Anyway, there's a boy about our age who works at Casa del Pie that we've been trying to get to know. He's totally mysterious. After weeks of our detective work, we have a name: Javier. We can't get him to say much of anything to us, though, much less look pleased to chat. Finally we asked our friend who works there, Porque el muchacho nunca se sonrie? Why does that guy never smile? She told us it's because he's shy! Precious, right? This is really pretty much the norm around college-aged guys here. They're not necessarily timid, but they seem to not, as a rule, approach women.

Contrast it with this: after this encounter I went over to Mas por Menos to buy some more trail mix. An elderly stopped me while I was in line.

"You look sad," he said.

It totally caught me off guard — the English. I laughed and told him I was just thinking (I was thinking about Bioland organic hair products, but didn't share this part.)

"Be careful," he said. "That can be dangerous."

We chatted while making our purchases and he told me he's a retired marine from New Jersey. He told me he was making ribs and invited me for a beer. I politely declined.

See what I mean? I have no idea what to expect from men here. I was whistled at a couple times on my walk home, too, all by men who presumably are old enough to be my father. So it goes.

Saturday, October 8, 2011

Hablando se entiende la gente

I took a break from thinking about living my life here.

I mean, obviously: I am still here. I am living my life. But none of the self-reflection that gives me funny, insightful, or culturally interesting things to blog about.
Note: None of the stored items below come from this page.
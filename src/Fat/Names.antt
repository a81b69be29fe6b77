-- ===== src/Fat/Names.antt =====
-- kernel/fs/fat.c: names of 8 and 3 characters.
use gnuwindows.Base.{
  ℕ, zero, suc, ◌+◌, ◌-◌, Bool, List, [], ◌∷◌, ◌++◌, ◌==◌, leb, if◌then◌else◌, ◌&&◌, ◌||◌, Memory,
  write8,
}
use gnuwindows.Vfs.Paths.{streq}

abbrev pub upper : ℕ → ℕ
upper c = if leb b'a' c && leb c b'z' then c - 32 else c

abbrev pub is_slash : ℕ → Bool
is_slash c = c == b'/' || c == b'\\'

-- The loop over one part of the name: at most so many characters, filled up with blanks, and what
-- follows them.
unfoldable pub take_chars : (ℕ → Bool) → ℕ → List ℕ → List ℕ × List ℕ
take_chars stop zero a = ([], a)
take_chars stop (suc n) [] = let r = take_chars stop n [] in (b' ' ∷ r.0, [])
take_chars stop (suc n) (c ∷ a) =
    let r = take_chars stop n a in
    let blank = take_chars stop n [] in
    if stop c then (b' ' ∷ blank.0, c ∷ a) else (upper c ∷ r.0, r.1)

abbrev pub skip_dot : List ℕ → List ℕ
skip_dot [] = []
skip_dot (c ∷ a) = if c == b'.' then a else c ∷ a

-- `to_83`: the 11 bytes of a name
unfoldable pub to_83 : List ℕ → List ℕ
to_83 a =
    let stem = take_chars (λ c. c == b'.' || is_slash c) 8 a in
    stem.0 ++ (take_chars is_slash 3 (skip_dot stem.1)).0

-- the `n` bytes from `at` on
unfoldable pub bytes_at : ℕ → ℕ → Memory → List ℕ
bytes_at zero at m = []
bytes_at (suc n) at m = m at ∷ bytes_at n (at + 1) m

-- `eq83` with the entry at `at`
unfoldable pub eq83 : List ℕ → ℕ → Memory → Bool
eq83 a at m = streq (to_83 a) (bytes_at 11 at m)

-- `memcpy_l(at, p, n)` of bytes
unfoldable pub put_bytes : ℕ → List ℕ → Memory → Memory
put_bytes at [] m = m
put_bytes at (c ∷ p) m = put_bytes (at + 1) p (write8 at c m)
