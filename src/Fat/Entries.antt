-- ===== src/Fat/Entries.antt =====
-- kernel/fs/fat.c: dir_find and dir_alloc_slot.
use gnuwindows.Base.{
  ℕ, zero, suc, ◌+◌, ◌*◌, ◌/◌, ◌%◌, ◌^◌, Bool, true, false, Option, none, some, List, ◌==◌, leb,
  if◌then◌else◌, ◌||◌, Memory, read16, read32,
}
use gnuwindows.Fat.Disk.{
  done, hangs, ◌>>=◌, ◌>>◌, pure, attempt, Disk, M, set_sector, get_state, cluster_to_lba, read_abs,
  write_abs,
}
use gnuwindows.Fat.Names.{eq83}
use gnuwindows.Fat.Table.{is_cluster, fat_get, fat_set, fat_alloc_cluster}

-- what `dir_find` stores through its pointers
pub record Entry : Type 0 where
  pub cluster : ℕ
  pub size : ℕ
  pub is_dir : Bool
  pub lba : ℕ
  pub offset : ℕ

-- bit 3 and bit 4 of the attributes: a label of the volume, and a directory
abbrev pub attr_bit : ℕ → ℕ → Bool
attr_bit b a = a / b % 2 == 1

-- the entry at `at` of the sector `m`
unfoldable pub entry_at : ℕ → ℕ → Memory → Entry
entry_at lba at m = record {
  cluster = read16 m (at + 26) + 2 ^ 16 * read16 m (at + 20);
  size = read32 m (at + 28);
  is_dir = attr_bit 16 (m (at + 11));
  lba = lba;
  offset = at;
}

-- the end of the directory, the entry, or neither
pub data Scan : Type 0 where
  absent more : Scan
  hit : Entry → Scan

-- the loop over the entries of a sector
unfoldable pub scan_entries : List ℕ → ℕ → ℕ → ℕ → Memory → Scan
scan_entries name lba zero at m = more
scan_entries name lba (suc n) at m =
    let rest = scan_entries name lba n (at + 32) m in
    if m at == 0
    then absent
    else if m at == 0xE5 || attr_bit 8 (m (at + 11))
    then rest
    else if eq83 name at m
    then hit (entry_at lba at m)
    else rest

-- the first entry of a sector that is free
unfoldable pub free_entry : ℕ → ℕ → Memory → Option ℕ
free_entry zero at m = none
free_entry (suc n) at m =
    let rest = free_entry n (at + 32) m in if m at == 0 || m at == 0xE5 then some at else rest

abbrev pub zero_sector : Memory
zero_sector b = 0

module _ {D : Type 0} (k : Disk D) where
  -- the loop over the sectors of a cluster; a sector that cannot be read ends the search
  unfoldable pub scan_sectors : List ℕ → ℕ → ℕ → M D Scan
  scan_sectors name zero lba f = done more f
  scan_sectors name (suc n) lba f =
      (attempt (read_abs k lba) >>= λ good. elim good [
        | false ↦ pure absent
        | true ↦ get_state >>= λ g. elim (scan_entries name lba 16 0 g.sector) [
          | more ↦ scan_sectors name n ((lba + 1) % 2 ^ 32)
          | absent ↦ pure absent
          | hit e ↦ pure (hit e)
        ]
      ])
        f

  unfoldable pub dir_find : ℕ → ℕ → List ℕ → M D (Option Entry)
  dir_find zero dir_cl name f = hangs
  dir_find (suc n) dir_cl name f = elim (is_cluster dir_cl) [
    | false ↦ done none f
    | true ↦
        (scan_sectors name f.sec_per_cluster (cluster_to_lba f dir_cl) >>= λ r. elim r [
          | absent ↦ pure none
          | hit e ↦ pure (some e)
          | more ↦ fat_get k dir_cl >>= λ next. dir_find n next name
        ])
          f
  ]

  -- the place of a free entry in the sectors of a cluster
  unfoldable pub free_in_sectors : ℕ → ℕ → M D (Option (ℕ × ℕ))
  free_in_sectors zero lba f = done none f
  free_in_sectors (suc n) lba f =
      (read_abs k lba
          >> (get_state >>= λ g. elim (free_entry 16 0 g.sector) [
            | some at ↦ pure (some (lba, at))
            | none ↦ free_in_sectors n ((lba + 1) % 2 ^ 32)
          ]))
        f

  -- the buffer into the sectors of a cluster
  unfoldable pub write_sectors : ℕ → ℕ → M D (Unit {0})
  write_sectors zero lba f = done tt f
  write_sectors (suc n) lba f = (write_abs k lba >> write_sectors n ((lba + 1) % 2 ^ 32)) f

  -- a new cluster of zeros behind the last one of a directory
  unfoldable pub extend_dir : ℕ → M D ℕ
  extend_dir cur = do
    nc ← fat_alloc_cluster k
    fat_set k cur nc
    set_sector zero_sector
    f ← get_state
    write_sectors f.sec_per_cluster (cluster_to_lba f nc)
    pure nc

  unfoldable pub dir_alloc_slot : ℕ → ℕ → M D (ℕ × ℕ)
  dir_alloc_slot zero cur f = hangs
  dir_alloc_slot (suc n) cur f =
      (free_in_sectors f.sec_per_cluster (cluster_to_lba f cur) >>= λ r. elim r [
        | some slot ↦ pure slot
        | none ↦ fat_get k cur >>= λ next. elim (leb 0x0FFFFFF8 next) [
          | true ↦ extend_dir cur >>= λ nc. dir_alloc_slot n nc
          | false ↦ dir_alloc_slot n next
        ]
      ])
        f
Last night after ballet class and Casa del Pie, I went to see a monologue by Hernán Jiménez (the director/writer/lead actor of El Regreso, a beautifully made film that I think that captures the essence of Costa Rican life perfectly).

In Hablando se entiende la gente, Hernán presents a series of characters with different stories: a man waiting outside his girlfriend's front door trying to convince her to let him in and give him one more chance, an armed guard who works in the local MiniSuper and has just had his first son, a tico who has just been in a motorcycle accident. The most frequently-met character is a man who reveals little about himself but comments on the ridiculous music they play in Más por Menos, how men with guns don't need to yell: you will give them whatever you have, and a personal favorite, a commentary on the state of theater in Costa Rica. And how Shakespeare is hard to understand (a truth in any language).
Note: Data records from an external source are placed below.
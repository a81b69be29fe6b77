-- ===== src/Fat/Walk.antt =====
-- kernel/fs/fat.c: resolve_parent and resolve_full. A path is the list of its bytes before the 0.
use gnuwindows.Base.{
  ℕ, zero, suc, Bool, true, false, Option, none, some, List, [], ◌∷◌, if◌then◌else◌, length, text,
}
use gnuwindows.Vfs.Paths.{streq}
use gnuwindows.Fat.Disk.{done, hangs, ◌>>=◌, pure, give_up, when_ok, Disk, M}
use gnuwindows.Fat.Names.{is_slash}
use gnuwindows.Fat.Entries.{Entry, dir_find}

unfoldable pub skip_slashes : List ℕ → List ℕ
skip_slashes [] = []
skip_slashes (c ∷ p) = if is_slash c then skip_slashes p else c ∷ p

-- at most so many characters up to a separator, and what follows them
unfoldable pub take_name : ℕ → List ℕ → List ℕ × List ℕ
take_name zero p = ([], p)
take_name (suc n) [] = ([], [])
take_name (suc n) (c ∷ p) =
    let r = take_name n p in if is_slash c then ([], c ∷ p) else (c ∷ r.0, r.1)

abbrev pub begins_with_slash : List ℕ → Bool
begins_with_slash [] = false
begins_with_slash (c ∷ p) = is_slash c

-- What a part of a path that is not the last one does: it names the same directory, the root, or one
-- to look for.
pub data Part : Type 0 where
  same_dir to_root child : Part

unfoldable pub part_of : List ℕ → Part
part_of p = if streq p (text ".") then same_dir else if streq p (text "..") then to_root else child

-- `resolve_full` of an existing entry, or of the root or the current directory
pub record Target : Type 0 where
  pub cluster : ℕ
  pub size : ℕ
  pub is_dir : Bool

abbrev pub is_root_or_empty : List ℕ → Bool
is_root_or_empty [] = true
is_root_or_empty (c ∷ []) = is_slash c
is_root_or_empty (c ∷ d ∷ p) = false

module _ {D : Type 0} (k : Disk D) where
  -- the cluster of a directory that a directory has
  unfoldable pub enter_dir : ℕ → ℕ → List ℕ → M D ℕ
  enter_dir fuel cl part = dir_find k fuel cl part >>= λ r. elim r [
    | none ↦ give_up
    | some e ↦ when_ok e.is_dir (pure e.cluster)
  ]

  -- the loop of `resolve_parent`; `fuel` is that of dir_find
  unfoldable pub walk : ℕ → ℕ → ℕ → List ℕ → M D (ℕ × List ℕ)
  walk fuel zero cl p f = hangs
  walk fuel (suc n) cl p f =
      let q = skip_slashes p in
      let r = take_name 15 q in
      elim q [
        | [] ↦ done (cl, []) f
        | c ∷ q' ↦ elim (skip_slashes r.1) [
          | [] ↦ done (cl, r.0) f
          | d ∷ s ↦ elim (part_of r.0) [
            | same_dir ↦ walk fuel n cl r.1 f
            | to_root ↦ walk fuel n f.root_cluster r.1 f
            | child ↦ (enter_dir fuel cl r.0 >>= λ next. walk fuel n next r.1) f
          ]
        ]
      ]

  -- the directory of a path, and its last part; each round takes a character of the path at least
  unfoldable pub resolve_parent : ℕ → List ℕ → M D (ℕ × List ℕ)
  resolve_parent fuel path f =
      walk fuel (suc (length path))
        (if begins_with_slash path then f.root_cluster else f.cwd_cluster) path f

  abbrev pub found_target : Option Entry → M D Target
  found_target none = give_up
  found_target (some e) = pure record { cluster = e.cluster; size = e.size; is_dir = e.is_dir }

  abbrev pub in_parent : ℕ → ℕ × List ℕ → M D Target
  in_parent fuel (cl, []) = pure record { cluster = cl; size = 0; is_dir = true }
  in_parent fuel (cl, c ∷ name) = dir_find k fuel cl (c ∷ name) >>= found_target

  unfoldable pub resolve_full : ℕ → List ℕ → M D Target
  resolve_full fuel path f = elim (is_root_or_empty path) [
    | true ↦
        done
          record {
            cluster = if begins_with_slash path then f.root_cluster else f.cwd_cluster;
            size = 0;
            is_dir = true;
          }
          f
    | false ↦ (resolve_parent fuel path >>= in_parent fuel) f
  ]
"Mae, que bueno Shakespeare..." he says in that last one, how ticos react, which totally got me. Hilarious.

Overall, it let me see from a much more intimate perspective the totally vibrant culture Costa Rica has, even if it's not manifested in a super-unique cuisine or a dominant indigenous culture. It's in a little bit of everything, in how Costa Ricans talk, who owns the supermarkets, how Sabemas is a laughably cheap brand, how ticos always want to please everyone. I give this monologue a sobresaliente. It reminded me how much I love to live here.

Monday, October 3, 2011

Hacemos fiesta


This song should be playing in the background for this.
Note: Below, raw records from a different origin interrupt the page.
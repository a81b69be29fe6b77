-- ===== src/Fat/Chain.antt =====
-- kernel/fs/fat.c: the bytes of a file in its chain of clusters, the loops of fat_write_file and
-- fat_read_file.
use gnuwindows.Base.{
  ℕ, zero, suc, ◌+◌, ◌-◌, ◌%◌, ◌^◌, min, Bool, true, false, Option, none, some, List, [], ◌∷◌, ◌++◌,
  ◌==◌, ltb, ◌&&◌, length, get_or, take, drop, Memory,
}
use gnuwindows.Fat.Disk.{
  done, hangs, ◌>>=◌, ◌>>◌, pure, attempt, Disk, M, set_sector, get_state, cluster_to_lba, read_abs,
  write_abs,
}
use gnuwindows.Fat.Names.{bytes_at}
use gnuwindows.Fat.Table.{is_cluster, fat_get, fat_set, fat_alloc_cluster}
use gnuwindows.Fat.Entries.{zero_sector}

abbrev pub sector_size : ℕ
sector_size = 512

-- the bytes that go into one sector, and those that follow them
unfoldable pub chunk : List ℕ → List ℕ
chunk src = take sector_size src

unfoldable pub after_chunk : List ℕ → List ℕ
after_chunk src = drop sector_size src

-- a sector with these bytes at its start and zeros behind them
unfoldable pub sector_of : List ℕ → Memory
sector_of bytes b = get_or bytes b 0

-- the first bytes of a sector, `left` of them if it has as many
unfoldable pub sector_bytes : ℕ → Memory → List ℕ
sector_bytes left m = bytes_at (min sector_size left) 0 m

unfoldable pub left_after : ℕ → ℕ
left_after left = left - sector_size

abbrev pub is_empty : List ℕ → Bool
is_empty [] = true
is_empty (c ∷ p) = false

module _ {D : Type 0} (k : Disk D) where
  -- The rest of a cluster is cleared; a sector that cannot be written is passed over.
  unfoldable pub clear_sectors : ℕ → ℕ → M D (Unit {0})
  clear_sectors zero lba f = done tt f
  clear_sectors (suc n) lba f =
      (set_sector zero_sector
          >> (attempt (write_abs k lba) >> clear_sectors n ((lba + 1) % 2 ^ 32)))
        f

  -- the sectors of one cluster; what is left of the bytes
  unfoldable pub fill_cluster : ℕ → ℕ → List ℕ → M D (List ℕ)
  fill_cluster zero lba src f = done src f
  fill_cluster (suc n) lba src f =
      (set_sector (sector_of (chunk src))
          >> (write_abs k lba >> elim (is_empty (after_chunk src)) [
            | true ↦ clear_sectors n ((lba + 1) % 2 ^ 32) >> pure []
            | false ↦ fill_cluster n ((lba + 1) % 2 ^ 32) (after_chunk src)
          ]))
        f

  abbrev pub link_after : Option ℕ → ℕ → M D (Unit {0})
  link_after none c = pure tt
  link_after (some prev) c = fat_set k prev c

  -- the loop over the clusters of a file behind `prev`; the first of them
  unfoldable pub write_chain : ℕ → Option ℕ → List ℕ → M D ℕ
  write_chain zero prev src f = hangs
  write_chain (suc n) prev src f =
      (fat_alloc_cluster k >>= λ c.
      link_after prev c
      >> (get_state >>= λ g. fill_cluster g.sec_per_cluster (cluster_to_lba g c) src >>= λ rest.
          elim (is_empty rest) [ true ↦ pure c | false ↦ write_chain n (some c) rest >> pure c ]))
        f

  -- at most `left` bytes from the sectors of a cluster
  unfoldable pub read_cluster : ℕ → ℕ → ℕ → M D (List ℕ)
  read_cluster zero lba left f = done [] f
  read_cluster (suc n) lba left f = elim (left == 0) [
    | true ↦ done [] f
    | false ↦
        (read_abs k lba
            >> (get_state >>= λ g. read_cluster n ((lba + 1) % 2 ^ 32) (left_after left) >>= λ rest.
                pure (sector_bytes left g.sector ++ rest)))
          f
  ]

  -- at most `left` bytes from a chain of at most so many clusters
  unfoldable pub read_chain : ℕ → ℕ → ℕ → M D (List ℕ)
  read_chain zero cl left f = hangs
  read_chain (suc n) cl left f = elim (is_cluster cl && ltb 0 left) [
    | false ↦ done [] f
    | true ↦
        (read_cluster f.sec_per_cluster (cluster_to_lba f cl) left >>= λ bytes.
        fat_get k cl >>= λ next.
        read_chain n next (left - length bytes) >>= λ rest. pure (bytes ++ rest))
          f
  ]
After a busy night in the Solano household, with a bunch of Jorge playtime and some family friends stopping, the parents left to take people home and left Sara and I unattended.

What else is there to do? Obvious — dance party. I pulled out the Ana Laura and we rocked the living room. Even threw some end-of-the-day cleaning in there. Ended with some epic couch jumps.

You can't even tell me life isn't good.